### PROBLEM TO WORK ON
The answer must be every line from the listing that holds the string "resumes".

--- EXERCISE INPUTS Enclosed Below ---

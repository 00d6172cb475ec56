-- ===== src/RwLock/Kept.antt =====
-- Every call of a thread, and every wait's end, keeps the counters right.
use libblocxx_deb.Prelude.{
  ℕ, ◌+◌, ◌^◌, ◌<◌, ◌≡◌, ◌≢◌, refl, Bool, true, false, Option, none, some, arith, get_elem?,
}
use libblocxx_deb.Prelude.Words.{inc, dec}
use libblocxx_deb.RwLock.Defs.{
  LockerInfo, Call, running, reading, writing, upgrading, Outcome, done, timeout_exception,
  deadlock_exception, lock_exception, assertion_exception, Thread, Lock, put, returns, waits_in,
  notify_one_writer, acquire_read, release_read, acquire_write, release_write, acquire_read_loop,
  acquire_write_loop, upgrade_loop,
}
use libblocxx_deb.RwLock.Events.{
  time_out, resume, Event, acquires_read, acquires_write, releases_read, wakes, resumes, times_out,
  releases_write, act,
}
use libblocxx_deb.RwLock.Counts.{
  Inv, member-Counted, put-Inv, wake-Inv, notify_readers-Inv, notify_writers-Inv,
  notify_one_writer-Inv,
}

abbrev pub at : Option LockerInfo → Call → Bool → Outcome → Thread
at info call a o = record { info = info; call = call; asleep = a; outcome = o }

module _ (k i : ℕ) (small : k + 1 < 2 ^ 32) (s : Lock) (v : Inv k s) (a : Bool) (o : Outcome) where
  acquire_read_loop-Inv :
      (c : Call)
      → get_elem? s.threads i ≡ some (at none c a o)
      → c ≢ upgrading
      → Inv (k + 1) (acquire_read_loop i (at none c a o) s)
  unfolding acquire_read_loop
  acquire_read_loop-Inv c g n = ground (
    arith,
    member-Counted i (at none c a o) s g,
    put-Inv k (k + 1) i (at none c a o) (waits_in reading (at none c a o)) s s g v,
    put-Inv k (k + 1) i (at none c a o)
        (returns done (some (record { read_count = 1; write_count = 0 }))) s
        (record s { num_readers = inc s.num_readers }) g v,
  )

  acquire_read-Inv :
      (info : Option LockerInfo)
      → get_elem? s.threads i ≡ some (at info running a o)
      → Inv (k + 1) (acquire_read i (at info running a o) s)
  unfolding acquire_read
  acquire_read-Inv none g = acquire_read_loop-Inv running g (ground arith)
  acquire_read-Inv (some ti) g =
      let t = at (some ti) running a o in
      ground (
        arith,
        member-Counted i t s g,
        put-Inv k (k + 1) i t (returns done (some (record ti { read_count = inc ti.read_count }))) s
            s g v,
        put-Inv k (k + 1) i t (returns assertion_exception t.info) s s g v,
      )

  release_read-Inv :
      (info : Option LockerInfo)
      → get_elem? s.threads i ≡ some (at info running a o)
      → Inv (k + 1) (release_read i (at info running a o) s)
  unfolding release_read
  release_read-Inv none g =
      let t = at none running a o in
      ground
        (arith, member-Counted i t s g, put-Inv k (k + 1) i t (returns lock_exception none) s s g v)
  release_read-Inv (some ti) g =
      let t = at (some ti) running a o in
      let u : Lock = record s { num_readers = dec s.num_readers } in
      ground (
        arith,
        member-Counted i t s g,
        put-Inv k (k + 1) i t (returns lock_exception t.info) s s g v,
        put-Inv k (k + 1) i t (returns done none) s u g v,
        put-Inv k (k + 1) i t (returns done (some (record ti { read_count = dec ti.read_count }))) s
            s g v,
        notify_writers-Inv (k + 1) (put i (returns done none) u),
      )

  acquire_write_loop-Inv :
      (c : Call)
      → get_elem? s.threads i ≡ some (at none c a o)
      → c ≢ upgrading
      → Inv (k + 1) (acquire_write_loop i (at none c a o) s)
  unfolding acquire_write_loop
  acquire_write_loop-Inv c g n =
      let t = at none c a o in
      ground (
        arith,
        member-Counted i t s g,
        put-Inv k (k + 1) i t (waits_in writing t) s (record s { can_read = false }) g v,
        put-Inv k (k + 1) i t (returns done (some (record { read_count = 0; write_count = 1 }))) s
            (record s { num_writers = inc s.num_writers; can_read = false }) g v,
      )

  upgrade_loop-Inv :
      (ti : LockerInfo)
      → get_elem? s.threads i ≡ some (at (some ti) upgrading a o)
      → Inv (k + 1) (upgrade_loop ti i (at (some ti) upgrading a o) s)
  unfolding upgrade_loop
  upgrade_loop-Inv ti g =
      let t = at (some ti) upgrading a o in
      ground (
        arith,
        member-Counted i t s g,
        put-Inv k (k + 1) i t (waits_in upgrading t) s (record s { can_read = false }) g v,
        put-Inv k (k + 1) i t (returns done (some (record ti { write_count = inc ti.write_count })))
            s s g v,
      )

  acquire_write-Inv :
      (info : Option LockerInfo)
      → get_elem? s.threads i ≡ some (at info running a o)
      → Inv (k + 1) (acquire_write i (at info running a o) s)
  unfolding acquire_write
  acquire_write-Inv none g = acquire_write_loop-Inv running g (ground arith)
  acquire_write-Inv (some ti) g =
      let t = at (some ti) running a o in
      let w = returns done (some (record ti { write_count = inc ti.write_count })) in
      let u : Lock = record s {
        num_readers = dec s.num_readers;
        num_writers = inc s.num_writers;
      } in
      unfold upgrade_loop in
      ground (
        arith,
        member-Counted i t s g,
        put-Inv k (k + 1) i t (returns assertion_exception t.info) s s g v,
        put-Inv k (k + 1) i t (returns deadlock_exception t.info) s s g v,
        put-Inv k (k + 1) i t w s s g v,
        put-Inv k (k + 1) i t w s u g v,
        put-Inv k (k + 1) i t (waits_in upgrading t) s (record u { can_read = false }) g v,
      )

  release_write-Inv :
      (j : ℕ) (info : Option LockerInfo)
      → get_elem? s.threads i ≡ some (at info running a o)
      → Inv (k + 1) (release_write j i (at info running a o) s)
  unfolding release_write
  release_write-Inv j none g =
      let t = at none running a o in
      ground
        (arith, member-Counted i t s g, put-Inv k (k + 1) i t (returns lock_exception none) s s g v)
  release_write-Inv j (some ti) g =
      let t = at (some ti) running a o in
      let left : LockerInfo = record ti { write_count = dec ti.write_count } in
      let u : Lock = record s { num_writers = dec s.num_writers } in
      let r : Lock = record u { can_read = true; num_readers = inc u.num_readers } in
      let q : Lock = put i (returns done none) (record u { can_read = true }) in
      ground (
        arith,
        member-Counted i t s g,
        put-Inv k (k + 1) i t (returns lock_exception t.info) s s g v,
        put-Inv k (k + 1) i t (returns done (some left)) s s g v,
        put-Inv k (k + 1) i t (returns done (some left)) s r g v,
        put-Inv k (k + 1) i t (returns done none) s (record u { can_read = true }) g v,
        notify_readers-Inv (k + 1) (put i (returns done (some left)) r),
        notify_one_writer-Inv (k + 1) j q,
        notify_readers-Inv (k + 1) (notify_one_writer j q),
      )

  -- A change of nothing.
  pub later : Inv (k + 1) s
  later = ground (arith, v)

  time_out-Inv :
      (info : Option LockerInfo) (c : Call)
      → get_elem? s.threads i ≡ some (at info c a o)
      → Inv (k + 1) (time_out i (at info c a o) s)
  unfolding time_out
  time_out-Inv info c g =
      let t = at info c a o in
      let u = returns timeout_exception info in
      let back : Lock = record s {
        num_readers = inc s.num_readers;
        num_writers = dec s.num_writers;
      } in
      ground (
        arith,
        later,
        member-Counted i t s g,
        put-Inv k (k + 1) i t u s s g v,
        put-Inv k (k + 1) i t u s (record s { can_read = true }) g v,
        put-Inv k (k + 1) i t u s (record back { can_read = true }) g v,
        notify_readers-Inv (k + 1) (put i u (record s { can_read = true })),
        notify_readers-Inv (k + 1) (put i u (record back { can_read = true })),
      )

  resume-Inv :
      (info : Option LockerInfo) (c : Call)
      → get_elem? s.threads i ≡ some (at info c a o)
      → Inv (k + 1) (resume i (at info c a o) s)
  unfolding resume
  resume-Inv none c g = ground (arith, later, acquire_read_loop-Inv c g, acquire_write_loop-Inv c g)
  resume-Inv (some ti) upgrading g = ground (arith, later, upgrade_loop-Inv ti g)
  resume-Inv (some ti) _ g = ground (arith, later)

  pub act-Inv :
      (e : Event) (info : Option LockerInfo) (c : Call)
      → get_elem? s.threads i ≡ some (at info c a o)
      → Inv (k + 1) (act e i (at info c a o) s)
  unfolding act
  act-Inv (acquires_read _) info running g = acquire_read-Inv info g
  act-Inv (acquires_read _) info _ g = later
  act-Inv (acquires_write _) info running g = acquire_write-Inv info g
  act-Inv (acquires_write _) info _ g = later
  act-Inv (releases_read _) info running g = release_read-Inv info g
  act-Inv (releases_read _) info _ g = later
  act-Inv (releases_write j _) info running g = release_write-Inv j info g
  act-Inv (releases_write j _) info _ g = later
  act-Inv (wakes _) info c g =
      ground (arith, wake-Inv k i (at info c a o) (at info c false o) s g refl refl refl v)
  act-Inv (resumes _) info c g = resume-Inv info c g
  act-Inv (times_out _) info c g = time_out-Inv info c g
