-- ===== src/RwLock/Exclusion.antt =====
-- Who can have the lock at the same time, after any run.
use libblocxx_deb.Prelude.{
  ℕ, zero, suc, ◌+◌, ◌^◌, ◌≤◌, ◌<◌, ◌≡◌, ◌≢◌, refl, Bool, true, false, Option, none, some, List, [],
  ◌∷◌, arith, get_elem?, length,
}
use libblocxx_deb.RwLock.Defs.{
  LockerInfo, is_writer, running, upgrading, Outcome, done, deadlock_exception, assertion_exception,
  Thread, Lock, put, returns, acquire_write, acquire_write_loop, upgrade_loop,
}
use libblocxx_deb.RwLock.Events.{
  Event, acquires_write, actor, act, act_at, step, run, strangers, create,
}
use libblocxx_deb.RwLock.Tally.{tally, tally_member, tally_two, tally_only, get_elem?-set_at}
use libblocxx_deb.RwLock.Counts.{reads, owns, upgrades, fault, depth, Inv}
use libblocxx_deb.RwLock.Kept.{at, act-Inv, later}

act_at-Inv :
    (k : ℕ) (e : Event) (i : ℕ) (o : Option Thread) (s : Lock)
    → k + 1 < 2 ^ 32
    → get_elem? s.threads i ≡ o
    → Inv k s
    → Inv (k + 1) (act_at e i o s)
act_at-Inv k e i none s h g v = later k i h s v false done
act_at-Inv k e i (some t) s h g v = act-Inv k i h s v t.asleep t.outcome e t.info t.call g

pub step-Inv : (k : ℕ) (e : Event) (s : Lock) → k + 1 < 2 ^ 32 → Inv k s → Inv (k + 1) (step e s)
unfolding step
step-Inv k e s h v = act_at-Inv k e (actor e) (get_elem? s.threads (actor e)) s h refl v

run-Inv :
    (k m : ℕ) (es : List Event) (s : Lock)
    → k + length es ≡ m
    → m < 2 ^ 32
    → Inv k s
    → Inv m (run es s)
unfolding run
run-Inv k m [] s e h v = ground (arith, v)
run-Inv k m (x ∷ es) s e h v =
    run-Inv (k + 1) m es (step x s) (omega arith) h (step-Inv k x s (omega arith) v)

-- Nobody has the lock at first.
strangers_lem :
    (n : ℕ)
    → (tally reads (strangers n) ≡ 0)
      × (tally owns (strangers n) ≡ 0)
      × (tally upgrades (strangers n) ≡ 0)
      × (tally fault (strangers n) ≡ 0)
      × (tally depth (strangers n) ≡ 0)
unfolding strangers
strangers_lem zero = (refl, refl, refl, refl, refl)
strangers_lem (suc n) = ground (arith, strangers_lem n)

pub create-Inv : (n : ℕ) → Inv 0 (create n)
unfolding create
create-Inv n = ground (arith, strangers_lem n)

pub reached : (n : ℕ) (es : List Event) → length es < 2 ^ 32 → Inv (length es) (run es (create n))
reached n es h = run-Inv 0 (length es) es (create n) (omega arith) h (create-Inv n)

alone :
    (k i j : ℕ) (t u : Thread) (ti : LockerInfo) (s : Lock)
    → Inv k s
    → i ≢ j
    → get_elem? s.threads i ≡ some t
    → get_elem? s.threads j ≡ some u
    → t.info ≡ some ti
    → is_writer ti ≡ true
    → u.info ≡ none
alone k i j t u ti s v n g h e w = ground (
  arith,
  tally_two owns s.threads i j t u n g h,
  tally_member reads s.threads j u h,
  tally_member upgrades s.threads j u h,
  tally_member fault s.threads j u h,
)

-- After any run of fewer than 2 ^ 32 events, while a thread has the write lock no other thread has
-- the lock in any way: the map has no entry for it.
pub run-alone :
    (n : ℕ) (es : List Event) (i j : ℕ) (t u : Thread) (ti : LockerInfo)
    → length es < 2 ^ 32
    → i ≢ j
    → get_elem? (run es (create n)).threads i ≡ some t
    → get_elem? (run es (create n)).threads j ≡ some u
    → t.info ≡ some ti
    → is_writer ti ≡ true
    → u.info ≡ none
run-alone n es i j t u ti h = alone (length es) i j t u ti (run es (create n)) (reached n es h)

sound_outcome :
    (k i : ℕ) (t : Thread) (s : Lock)
    → Inv k s
    → get_elem? s.threads i ≡ some t
    → t.outcome ≢ assertion_exception
sound_outcome k i t s v g e = absurd (ground (arith, tally_member fault s.threads i t g))

-- After any run of fewer than 2 ^ 32 events no call has ended in a failed `BLOCXX_ASSERT`, the
-- number of writers is at most one, and the numbers of readers and writers together are no more
-- than the events.
pub run-asserts :
    (n : ℕ) (es : List Event) (i : ℕ) (t : Thread)
    → length es < 2 ^ 32
    → get_elem? (run es (create n)).threads i ≡ some t
    → (t.outcome ≢ assertion_exception)
      × ((run es (create n)).num_writers ≤ 1)
      × ((run es (create n)).num_readers + (run es (create n)).num_writers ≤ length es)
run-asserts n es i t h g =
    let v = reached n es h in
    (sound_outcome (length es) i t (run es (create n)) v g, v.single, v.few)

refused :
    (k i j : ℕ) (t u : Thread) (s : Lock)
    → Inv k s
    → i ≢ j
    → get_elem? s.threads i ≡ some t
    → get_elem? s.threads j ≡ some u
    → t.call ≡ running
    → u.call ≡ upgrading
    → t.info ≢ none
    → step (acquires_write i) s ≡ put i (returns deadlock_exception t.info) s
unfolding step act acquire_write
refused k i j t u s v n g h c d e = ground (
  arith,
  tally_two upgrades s.threads i j t u n g h,
  tally_member owns s.threads i t g,
  tally_member fault s.threads i t g,
)

-- After any run of fewer than 2 ^ 32 events, while a thread waits to upgrade its read lock, another
-- thread that has the lock and asks to write gets the deadlock exception and keeps its entry, and
-- nothing else of the lock changes.
pub run-refused :
    (n : ℕ) (es : List Event) (i j : ℕ) (t u : Thread)
    → length es < 2 ^ 32
    → i ≢ j
    → get_elem? (run es (create n)).threads i ≡ some t
    → get_elem? (run es (create n)).threads j ≡ some u
    → t.call ≡ running
    → u.call ≡ upgrading
    → t.info ≢ none
    → step (acquires_write i) (run es (create n))
      ≡ put i (returns deadlock_exception t.info) (run es (create n))
run-refused n es i j t u h = refused (length es) i j t u (run es (create n)) (reached n es h)

-- The entry of a thread that takes the write lock, once more or for the first time.
abbrev pub written : Option LockerInfo → LockerInfo
written none = record { read_count = 0; write_count = 1 }
written (some ti) = record ti { write_count = ti.write_count + 1 }

module _ (k i : ℕ) (s : Lock) (v : Inv k s) (small : k + 1 < 2 ^ 32) where
  abbrev Lonely : Type 0
  Lonely = (j : ℕ) (u : Thread) → j ≢ i → get_elem? s.threads j ≡ some u → u.info ≡ none

  stays_out :
      (j : ℕ) (u : Thread)
      → get_elem? s.threads j ≡ some u
      → u.info ≡ none
      → (reads u ≡ 0) × (owns u ≡ 0) × (upgrades u ≡ 0)
  stays_out j u g e = ground (arith, tally_member fault s.threads j u g)

  granted :
      (info : Option LockerInfo) (a : Bool) (o : Outcome)
      → get_elem? s.threads i ≡ some (at info running a o)
      → Lonely
      → get_elem? (acquire_write i (at info running a o) s).threads i
        ≡ some (returns done (some (written info)))
  unfolding acquire_write acquire_write_loop upgrade_loop
  granted info a o g h =
      let t = at info running a o in
      ground (
        arith,
        get_elem?-set_at s.threads i t (returns done (some (written info))) g,
        tally_only reads s.threads i t g (λ j u n e. (stays_out j u e (h j u n e)).0),
        tally_only owns s.threads i t g (λ j u n e. (stays_out j u e (h j u n e)).1),
        tally_only upgrades s.threads i t g (λ j u n e. (stays_out j u e (h j u n e)).2),
        tally_member fault s.threads i t g,
        tally_member depth s.threads i t g,
      )

  granted_step :
      (t : Thread)
      → get_elem? s.threads i ≡ some t
      → t.call ≡ running
      → Lonely
      → get_elem? (step (acquires_write i) s).threads i
        ≡ some (returns done (some (written t.info)))
  unfolding step act
  granted_step t g c h = ground (arith, granted t.info t.asleep t.outcome)

-- After any run of fewer than 2 ^ 32 - 1 events, a thread that asks to write while no other thread
-- has the lock gets it at once: the call returns, with one more write counted in the thread's entry.
pub run-granted :
    (n : ℕ) (es : List Event) (i : ℕ) (t : Thread)
    → length es + 1 < 2 ^ 32
    → get_elem? (run es (create n)).threads i ≡ some t
    → t.call ≡ running
    → ((j : ℕ) (u : Thread)
        → j ≢ i
        → get_elem? (run es (create n)).threads j ≡ some u
        → u.info ≡ none)
    → get_elem? (step (acquires_write i) (run es (create n))).threads i
      ≡ some (returns done (some (written t.info)))
run-granted n es i t h =
    granted_step (length es) i (run es (create n)) (reached n es (omega arith)) h t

--- End of Enclosed EXERCISE INPUTS ---

### REPLY TO THE EXERCISE
  time_out, resume, Event, acquires_read, acquires_write, releases_read, wakes, resumes, times_out,
  act-Inv (resumes _) info c g = resume-Inv info c g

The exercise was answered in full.